(Collection entries)
______
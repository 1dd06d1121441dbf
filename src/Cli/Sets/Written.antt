-- ===== src/Cli/Sets/Written.antt =====
-- What is written of resource sets is read as resource sets, and as the same ones.
use crmsh.Prelude.{
  ◌+◌, ◌≤◌, ◌<◌, ◌≡◌, refl, sym, ◌∙◌, subst, Bool, true, false, ◌&&◌, not, Option, List, [], ◌∷◌,
  ◌++◌, ◌==◌, leb, leb→lt, if◌then◌else◌, arith, Text, same, codes, is_empty, All, All-append,
  Bool-cases, inl, inr, length, length-append,
}
use crmsh.Prelude.Results.{ok}
use crmsh.Cli.Sets.Element.{
  RscSet, ObjType, location, colocation, order, rsc_ticket, Qualifier, Schema, ends_closed,
}
use crmsh.Cli.Sets.Format.{
  qualifier, reference, references, open_tokens, close_tokens, set_tokens, all_tokens,
  is_degenerate, last_is_plain, count_refs, rsc_set_constraint,
}
use crmsh.Cli.Sets.Parser.{
  initial, fix_token, fix_parentheses, parse_token, parse_tokens, parse_sets,
}
use crmsh.Cli.Sets.Choice.{resource_sets, simple_names, sets_or_error, match_resource_set}
use crmsh.Cli.Sets.Words.{IsResource, Qualified, reference-IsRef, fix-IsRef}
use crmsh.Cli.Sets.RoundTrip.{
  attr_for, attribute, text_of, without_requirement, without_sequence, IsWritable, Chain, normals,
  whole, whole_first, set_tokens-tokens_of,
}

-- A token that `fix_parentheses` leaves alone.
abbrev IsFixed : Text → Type 0
IsFixed p = fix_token p ≡ ok (p ∷ [])

fix_parentheses-IsFixed :
    (tokens : List Text) → All IsFixed tokens → fix_parentheses tokens ≡ ok tokens
unfolding fix_parentheses
fix_parentheses-IsFixed [] h = refl
fix_parentheses-IsFixed (p ∷ tokens) h = rw (h.0, fix_parentheses-IsFixed tokens h.1)

open_tokens-IsFixed : (ra sq : Bool) → All IsFixed (open_tokens ra sq)
unfolding open_tokens fix_token
open_tokens-IsFixed true sq = (refl, tt)
open_tokens-IsFixed false true = (refl, tt)
open_tokens-IsFixed false false = tt

close_tokens-IsFixed : (ra sq : Bool) → All IsFixed (close_tokens ra sq)
unfolding close_tokens fix_token ends_closed
close_tokens-IsFixed true true = (refl, tt)
close_tokens-IsFixed true false = (refl, (refl, tt))
close_tokens-IsFixed false true = (refl, tt)
close_tokens-IsFixed false false = tt

references-IsFixed :
    (schema : Schema) (q_attr : Qualifier) (o : Option Text) (q : Text) (rs : List Text)
    → Qualified schema q_attr o q
    → All IsResource rs
    → All IsFixed (references o rs)
unfolding references
references-IsFixed schema q_attr o q [] is_q h = tt
references-IsFixed schema q_attr o q (r ∷ rs) is_q h = (
  fix-IsRef schema q_attr (reference o r) r q (reference-IsRef schema q_attr o r q is_q h.0),
  references-IsFixed schema q_attr o q rs is_q h.1,
)

set_tokens-IsFixed :
    (schema : Schema) (obj_type : ObjType) (s : RscSet)
    → IsWritable schema obj_type s
    → All IsFixed (set_tokens obj_type s)
set_tokens-IsFixed schema obj_type s w =
    subst (All IsFixed) (sym (set_tokens-tokens_of schema obj_type s w)) (
      All-append IsFixed (open_tokens (without_requirement s) (without_sequence s)) _
        (open_tokens-IsFixed (without_requirement s) (without_sequence s))
        (All-append IsFixed (references (attribute (attr_for obj_type) s) s.refs) _
          (references-IsFixed schema (attr_for obj_type) (attribute (attr_for obj_type) s)
            (text_of (attribute (attr_for obj_type) s)) s.refs w.is_qualified w.resources)
          (close_tokens-IsFixed (without_requirement s) (without_sequence s))))

all_tokens-IsFixed :
    (schema : Schema) (obj_type : ObjType) (sets : List RscSet)
    → All (IsWritable schema obj_type) sets
    → All IsFixed (all_tokens obj_type sets)
unfolding all_tokens
all_tokens-IsFixed schema obj_type [] w = tt
all_tokens-IsFixed schema obj_type (s ∷ sets) w =
    All-append IsFixed (set_tokens obj_type s) (all_tokens obj_type sets)
      (set_tokens-IsFixed schema obj_type s w.0) (all_tokens-IsFixed schema obj_type sets w.1)

-- The word in front of a degenerate set says nothing.
parse_sets-prefix :
    (schema : Schema) (obj_type : ObjType) (sets : List RscSet)
    → All (IsWritable schema obj_type) sets
    → parse_sets schema (attr_for obj_type) (codes "_rsc_set_" ∷ all_tokens obj_type sets)
      ≡ whole schema obj_type sets initial
unfolding parse_sets fix_parentheses fix_token ends_closed parse_tokens parse_token same
parse_sets-prefix schema obj_type sets w =
    rw
      (fix_parentheses-IsFixed (all_tokens obj_type sets)
        (all_tokens-IsFixed schema obj_type sets w))
      refl

parse_sets-whole :
    (schema : Schema) (obj_type : ObjType) (sets : List RscSet)
    → All (IsWritable schema obj_type) sets
    → parse_sets schema (attr_for obj_type) (all_tokens obj_type sets)
      ≡ whole schema obj_type sets initial
unfolding parse_sets
parse_sets-whole schema obj_type sets w =
    rw
      (fix_parentheses-IsFixed (all_tokens obj_type sets)
        (all_tokens-IsFixed schema obj_type sets w))
      refl

parse_sets-written :
    (schema : Schema) (obj_type : ObjType) (sets : List RscSet)
    → All (IsWritable schema obj_type) sets
    → Chain obj_type sets
    → parse_sets schema (attr_for obj_type) (rsc_set_constraint obj_type sets) ≡ ok (normals sets)
unfolding rsc_set_constraint
parse_sets-written schema obj_type sets w c =
    elim (Bool-cases (is_degenerate obj_type (last_is_plain sets) (count_refs sets))) [
      | inl e ↦
          rw (e, rsc_set_constraint)
            (parse_sets-prefix schema obj_type sets w ∙ whole_first schema obj_type sets [] w c)
      | inr e ↦
          rw (e, rsc_set_constraint)
            (parse_sets-whole schema obj_type sets w ∙ whole_first schema obj_type sets [] w c)
    ]

-- The tokens are at least as many as the resources, and two more where the last set has brackets.
length-references : (o : Option Text) (rs : List Text) → length (references o rs) ≡ length rs
unfolding references
length-references o [] = refl
length-references o (r ∷ rs) = omega (arith, length-references o rs)

length-set_tokens :
    (obj_type : ObjType) (s : RscSet)
    → length (set_tokens obj_type s)
      ≡ length (open_tokens (without_requirement s) (without_sequence s))
        + (length s.refs + length (close_tokens (without_requirement s) (without_sequence s)))
unfolding set_tokens
length-set_tokens obj_type s = omega (
  arith,
  length-append {0} (open_tokens (without_requirement s) (without_sequence s)) (
      references (qualifier obj_type s) s.refs
      ++ close_tokens (without_requirement s) (without_sequence s)),
  length-append {0} (references (qualifier obj_type s) s.refs)
      (close_tokens (without_requirement s) (without_sequence s)),
  length-references (qualifier obj_type s) s.refs,
)

length-brackets :
    (ra sq : Bool)
    → (not sq && not ra) ≡ false
    → 2 ≤ length (open_tokens ra sq) + length (close_tokens ra sq)
unfolding open_tokens close_tokens
length-brackets true true h = omega arith
length-brackets true false h = omega arith
length-brackets false true h = omega arith
length-brackets false false h = cc

count_refs-le :
    (obj_type : ObjType) (sets : List RscSet) → count_refs sets ≤ length (all_tokens obj_type sets)
unfolding count_refs all_tokens
count_refs-le obj_type [] = omega arith
count_refs-le obj_type (s ∷ sets) = omega (
  arith,
  length-append {0} (set_tokens obj_type s) (all_tokens obj_type sets),
  length-set_tokens obj_type s,
  count_refs-le obj_type sets,
)

count_refs-bracketed :
    (obj_type : ObjType) (sets : List RscSet)
    → last_is_plain sets ≡ false
    → count_refs sets + 2 ≤ length (all_tokens obj_type sets)
unfolding count_refs all_tokens last_is_plain
count_refs-bracketed obj_type [] h = cc
count_refs-bracketed obj_type (s ∷ []) h = omega (
  arith,
  length-append {0} (set_tokens obj_type s) [],
  length-set_tokens obj_type s,
  length-brackets (without_requirement s) (without_sequence s) h,
)
count_refs-bracketed obj_type (s ∷ t ∷ sets) h = omega (
  arith,
  length-append {0} (set_tokens obj_type s) (all_tokens obj_type (t ∷ sets)),
  length-set_tokens obj_type s,
  count_refs-bracketed obj_type (t ∷ sets) h,
)

-- As many tokens as resources in a simple constraint never stand for sets.
two_tokens :
    (obj_type : ObjType) (sets : List RscSet)
    → (plain : Bool) → last_is_plain sets ≡ plain
    → 2 ≤ count_refs sets
    → (b : Bool) → (plain && leb (count_refs sets) 2) ≡ b
    → 2
      < length
          (if b then codes "_rsc_set_" ∷ all_tokens obj_type sets else all_tokens obj_type sets)
two_tokens obj_type sets plain p le true e = omega (arith, count_refs-le obj_type sets)
two_tokens obj_type sets true p le false e =
    omega (arith, leb→lt (count_refs sets) 2 e, count_refs-le obj_type sets)
two_tokens obj_type sets false p le false e = omega (arith, count_refs-bracketed obj_type sets p)

one_more_token :
    (obj_type : ObjType) (sets : List RscSet)
    → length (simple_names obj_type) ≤ count_refs sets
    → (not (is_empty (simple_names obj_type))
        && length (rsc_set_constraint obj_type sets) == length (simple_names obj_type))
      ≡ false
unfolding rsc_set_constraint is_degenerate
one_more_token location sets le = refl
one_more_token colocation sets le =
    let more = two_tokens colocation sets (last_is_plain sets) refl le _ refl in ground arith
one_more_token order sets le =
    let more = two_tokens order sets (last_is_plain sets) refl le _ refl in ground arith
one_more_token rsc_ticket sets le = let all = count_refs-le rsc_ticket sets in ground arith

sets_or_error-normals :
    (sets : List RscSet)
    → is_empty sets ≡ false
    → sets_or_error (normals sets) ≡ ok (resource_sets (normals sets))
sets_or_error-normals [] h = cc
sets_or_error-normals (s ∷ sets) h = refl

-- Resource sets are read back from the tokens that are written for them, with every set in its place
-- and its brackets, Booleans and qualifiers as they were, and are never taken for a simple
-- constraint. The Booleans come back in one spelling. The conditions: there are as many resources as
-- in a simple constraint of the type; each set has some, with plain names; a set has only the
-- attribute of the type of the constraint, in the spelling of the schema; and of two neighbouring
-- sets with no brackets the qualifiers differ.
pub match_resource_set-written :
    (schema : Schema) (obj_type : ObjType) (sets : List RscSet)
    → is_empty sets ≡ false
    → length (simple_names obj_type) ≤ count_refs sets
    → All (IsWritable schema obj_type) sets
    → Chain obj_type sets
    → match_resource_set schema obj_type (attr_for obj_type) (rsc_set_constraint obj_type sets)
      ≡ ok (resource_sets (normals sets))
unfolding match_resource_set
match_resource_set-written schema obj_type sets ne le w c =
    rw (one_more_token obj_type sets le, match_resource_set)
      (rw (parse_sets-written schema obj_type sets w c) (sets_or_error-normals sets ne))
______
The line above containing "length-references o (r", the line containing "(close_tokens (without_requirement s) (without_sequence s)))", and every line between them are to be transcribed exactly; no other line is wanted.

Written solution:
length-references o (r ∷ rs) = omega (arith, length-references o rs)

length-set_tokens :
    (obj_type : ObjType) (s : RscSet)
    → length (set_tokens obj_type s)
      ≡ length (open_tokens (without_requirement s) (without_sequence s))
        + (length s.refs + length (close_tokens (without_requirement s) (without_sequence s)))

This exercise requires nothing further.